Tool Usage and Domain Analysis
Agent tool invocation patterns further validate role specialization. Researcher predominantly utilizes retrieval tools in persona-driven scenarios requiring knowledge search; Presenter focuses on file and reasoning tools for artifact manipulation and reflection.
Figure 8: Tool usage patterns—specialized agent roles adapt tool selection based on task domain characteristics.
Domain breakdowns demonstrate DeepPresenter’s strong performance across instructional, academic, and persona-driven presentations, with domain-specific trade-offs between constraint compliance and visual style.
Implications and Future Directions
The environment-grounded reflection, dual-agent specialization, and extrinsic verification mechanisms established in DeepPresenter represent a significant architectural departure from template-based, introspective systems. Practically, this enables highly adaptive, perceptually aligned artifact generation suitable for real-world educational, business, and research applications. Theoretically, it augments agentic LLM frameworks with embodied environmental feedback loops beyond internal token-based reasoning.

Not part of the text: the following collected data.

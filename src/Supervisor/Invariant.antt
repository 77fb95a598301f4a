-- ===== src/Supervisor/Invariant.antt =====
-- electron/main/engineSupervisor.ts: what holds in every state that a supervisor reaches.
use vanilla_bus.Prelude.{
  ℕ, ◌+◌, ◌≤◌, ◌≡◌, ◌⊎◌, inl, refl, sym, ap, ◌∙◌, Bool, true, false, ◌||◌, ◌&&◌, not, List, [], ◌∷◌,
  ◌++◌, any, Option, none, some, arith, ◌==◌,
}
use vanilla_bus.Client.State.{EngineHello}
use vanilla_bus.Supervisor.State.{
  Supervisor, Child, Action, spawns, kills, ended, offline, online, close_client, terminate,
  fresh_supervisor,
}
use vanilla_bus.Supervisor.{is_launch, was_launched}

-- the marks that actions leave on a launch: its process was spawned, has ended, has ended or was
-- told to
abbrev pub is_spawn : ℕ → Action → Bool
is_spawn g (spawns h path) = h == g
is_spawn g _ = false

abbrev pub is_end : ℕ → Action → Bool
is_end g (ended h) = h == g
is_end g _ = false

abbrev pub is_over : ℕ → Action → Bool
is_over g (ended h) = h == g
is_over g (kills h) = h == g
is_over g _ = false

abbrev pub was_spawned : ℕ → List Action → Bool
was_spawned g = any (is_spawn g)

abbrev pub has_ended : ℕ → List Action → Bool
has_ended g = any (is_end g)

abbrev pub is_finished : ℕ → List Action → Bool
is_finished g = any (is_over g)

-- the child that the supervisor holds on to
abbrev pub is_held : ℕ → Option Child → Bool
is_held g none = false
is_held g (some child) = child.spawned_by == g && not child.has_exit_code

-- Someone looks after the engine: it was never started, the restart timer is set, or the process of
-- the present launch has not ended.
abbrev pub is_supervised : Supervisor → List Action → Bool
is_supervised s done =
    s.generation == 0
    || s.restart_timer
    || (was_spawned s.generation done && not (has_ended s.generation done))

pub record Invariant (s : Supervisor) (done : List Action) : Type 0 where
  pub launched : (g : ℕ) → was_launched g done ≡ true → g ≤ s.generation
  pub known : (g : ℕ) → has_ended g done ≡ true → was_launched g done ≡ true
  pub stopped_new : s.stopping ≡ true → was_launched s.generation done ≡ false
  pub stopped :
      s.stopping ≡ true → (s.child ≡ none) × (s.restart_timer ≡ false) × (s.status ≡ offline)
  pub honest : (s.status ≡ offline) ⊎ ((hello : EngineHello) × (s.status ≡ online hello))
  pub held : (g : ℕ) → was_spawned g done ≡ true → (is_held g s.child || is_finished g done) ≡ true
  pub supervised : s.stopping ≡ false → is_supervised s done ≡ true

pub fresh_supervisor-Invariant : Invariant fresh_supervisor []
fresh_supervisor-Invariant = record {
  launched = λ g h. cc;
  known = λ g h. cc;
  stopped_new = λ h. refl;
  stopped = λ h. cc;
  honest = inl refl;
  held = λ g h. cc;
  supervised = λ h. refl;
}

pub any-append :
    (p : Action → Bool) (xs ys : List Action) → any p (xs ++ ys) ≡ (any p xs || any p ys)
any-append p [] ys = refl
any-append p (x ∷ xs) ys = ground (arith, any-append p xs ys)

-- what does not concern a launch
pub record IsMute (acts : List Action) : Type 0 where
  pub no_launch : (g : ℕ) → was_launched g acts ≡ false
  pub no_spawn : (g : ℕ) → was_spawned g acts ≡ false
  pub no_end : (g : ℕ) → has_ended g acts ≡ false

pub close_client-IsMute : (c : Option ℕ) → IsMute (close_client c)
close_client-IsMute none = record {
  no_launch = λ g. refl;
  no_spawn = λ g. refl;
  no_end = λ g. refl;
}
close_client-IsMute (some g) = record {
  no_launch = λ g. refl;
  no_spawn = λ g. refl;
  no_end = λ g. refl;
}

pub terminate-IsMute : (c : Option Child) → IsMute (terminate c)
terminate-IsMute none = record { no_launch = λ g. refl; no_spawn = λ g. refl; no_end = λ g. refl }
terminate-IsMute (some c) = record {
  no_launch = λ g. ground arith;
  no_spawn = λ g. ground arith;
  no_end = λ g. ground arith;
}

-- a child that is let go of has ended, or is told to end
pub terminate-held :
    (c : Option Child) (g : ℕ) → is_held g c ≡ true → is_finished g (terminate c) ≡ true
terminate-held none g h = cc
terminate-held (some c) g h = ground arith

-- A step within a launch. It may connect, if it is the present launch.
pub same_launch :
    (s s2 : Supervisor) (done acts : List Action)
    → Invariant s done
    → s2.generation ≡ s.generation
    → s2.stopping ≡ s.stopping
    → ((g : ℕ) → was_launched g acts ≡ true → (g ≡ s.generation) × (s.stopping ≡ false))
    → ((g : ℕ) → was_spawned g acts ≡ false)
    → ((g : ℕ) → has_ended g acts ≡ true → was_launched g done ≡ true)
    → (has_ended s.generation acts ≡ true → (s.stopping || s2.restart_timer) ≡ true)
    → (s.restart_timer ≡ true → s2.restart_timer ≡ true)
    → ((g : ℕ) → is_held g s.child ≡ true → (is_held g s2.child || is_finished g acts) ≡ true)
    → (s.stopping ≡ true → (s2.child ≡ none) × (s2.restart_timer ≡ false) × (s2.status ≡ offline))
    → (s2.status ≡ offline) ⊎ ((hello : EngineHello) × (s2.status ≡ online hello))
    → Invariant s2 (done ++ acts)
same_launch s s2 done acts i gen stop fresh no_spawn known ends timer held quiet status = record {
  launched = λ g h. ground (arith, gen, any-append (is_launch g) done acts, fresh g, i.launched g);
  known = λ g h. ground (
    arith,
    any-append (is_launch g) done acts,
    any-append (is_end g) done acts,
    known g,
    i.known g,
  );
  stopped_new = λ h.
      ap (λ n. was_launched n (done ++ acts)) gen
      ∙ ground (
        arith,
        stop,
        any-append (is_launch s.generation) done acts,
        fresh s.generation,
        i.stopped_new,
      );
  stopped = λ h. quiet (sym stop ∙ h);
  honest = status;
  held = λ g h. ground (
    arith,
    any-append (is_spawn g) done acts,
    any-append (is_over g) done acts,
    no_spawn g,
    held g,
    i.held g,
  );
  supervised = λ h.
      ap
        (λ n.
          n == 0
          || s2.restart_timer
          || (was_spawned n (done ++ acts) && not (has_ended n (done ++ acts))))
        gen
      ∙ ground (
        arith,
        stop,
        any-append (is_spawn s.generation) done acts,
        any-append (is_end s.generation) done acts,
        no_spawn s.generation,
        ends,
        timer,
        i.supervised,
      );
}

-- A step that begins the next launch, or stops.
pub new_launch :
    (s s2 : Supervisor) (done acts : List Action)
    → Invariant s done
    → s2.generation ≡ s.generation + 1
    → ((g : ℕ) → was_launched g acts ≡ true → (g ≡ s.generation + 1) × (s2.stopping ≡ false))
    → ((g : ℕ) → was_spawned g acts ≡ true → is_held g s2.child ≡ true)
    → ((g : ℕ) → has_ended g acts ≡ false)
    → ((g : ℕ) → is_held g s.child ≡ true → is_finished g acts ≡ true)
    → (s2.stopping ≡ true → (s2.child ≡ none) × (s2.restart_timer ≡ false) × (s2.status ≡ offline))
    → (s2.status ≡ offline) ⊎ ((hello : EngineHello) × (s2.status ≡ online hello))
    → (s2.stopping ≡ false → (s2.restart_timer || was_spawned (s.generation + 1) acts) ≡ true)
    → Invariant s2 (done ++ acts)
new_launch s s2 done acts i gen fresh spawned no_end over quiet status watched = record {
  launched = λ g h. ground (arith, gen, any-append (is_launch g) done acts, fresh g, i.launched g);
  known = λ g h. ground (
    arith,
    any-append (is_launch g) done acts,
    any-append (is_end g) done acts,
    no_end g,
    i.known g,
  );
  stopped_new = λ h.
      ap (λ n. was_launched n (done ++ acts)) gen
      ∙ ground (
        arith,
        any-append (is_launch (s.generation + 1)) done acts,
        fresh (s.generation + 1),
        i.launched (s.generation + 1),
      );
  stopped = quiet;
  honest = status;
  held = λ g h. ground (
    arith,
    any-append (is_spawn g) done acts,
    any-append (is_over g) done acts,
    spawned g,
    over g,
    i.held g,
  );
  supervised = λ h.
      ap
        (λ n.
          n == 0
          || s2.restart_timer
          || (was_spawned n (done ++ acts) && not (has_ended n (done ++ acts))))
        gen
      ∙ ground (
        arith,
        any-append (is_spawn (s.generation + 1)) done acts,
        any-append (is_end (s.generation + 1)) done acts,
        no_end (s.generation + 1),
        i.known (s.generation + 1),
        i.launched (s.generation + 1),
        watched,
      );
}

Future work may address inference-time integration of extrinsic verification to further mitigate self-verification bias, explore greater robustness in multi-step tool-using rollouts, and generalize environment-grounded reflection for other multimodal artifact generation domains.
Conclusion
DeepPresenter establishes an agentic paradigm for presentation generation, coupling autonomous research and design specialization with post-render environment-grounded reflection. Strong empirical results corroborate the efficacy of grounding artifact revision in perceptual environmental states and decoupling verification signals via extrinsic critics. The compact DeepPresenter-9B highlights the viability of distilling competitive agentic behaviors at reduced cost through high-quality trajectory synthesis. This framework paves the way for more adaptive, perceptually aligned, and efficient multimodal artifact generation in future AI systems.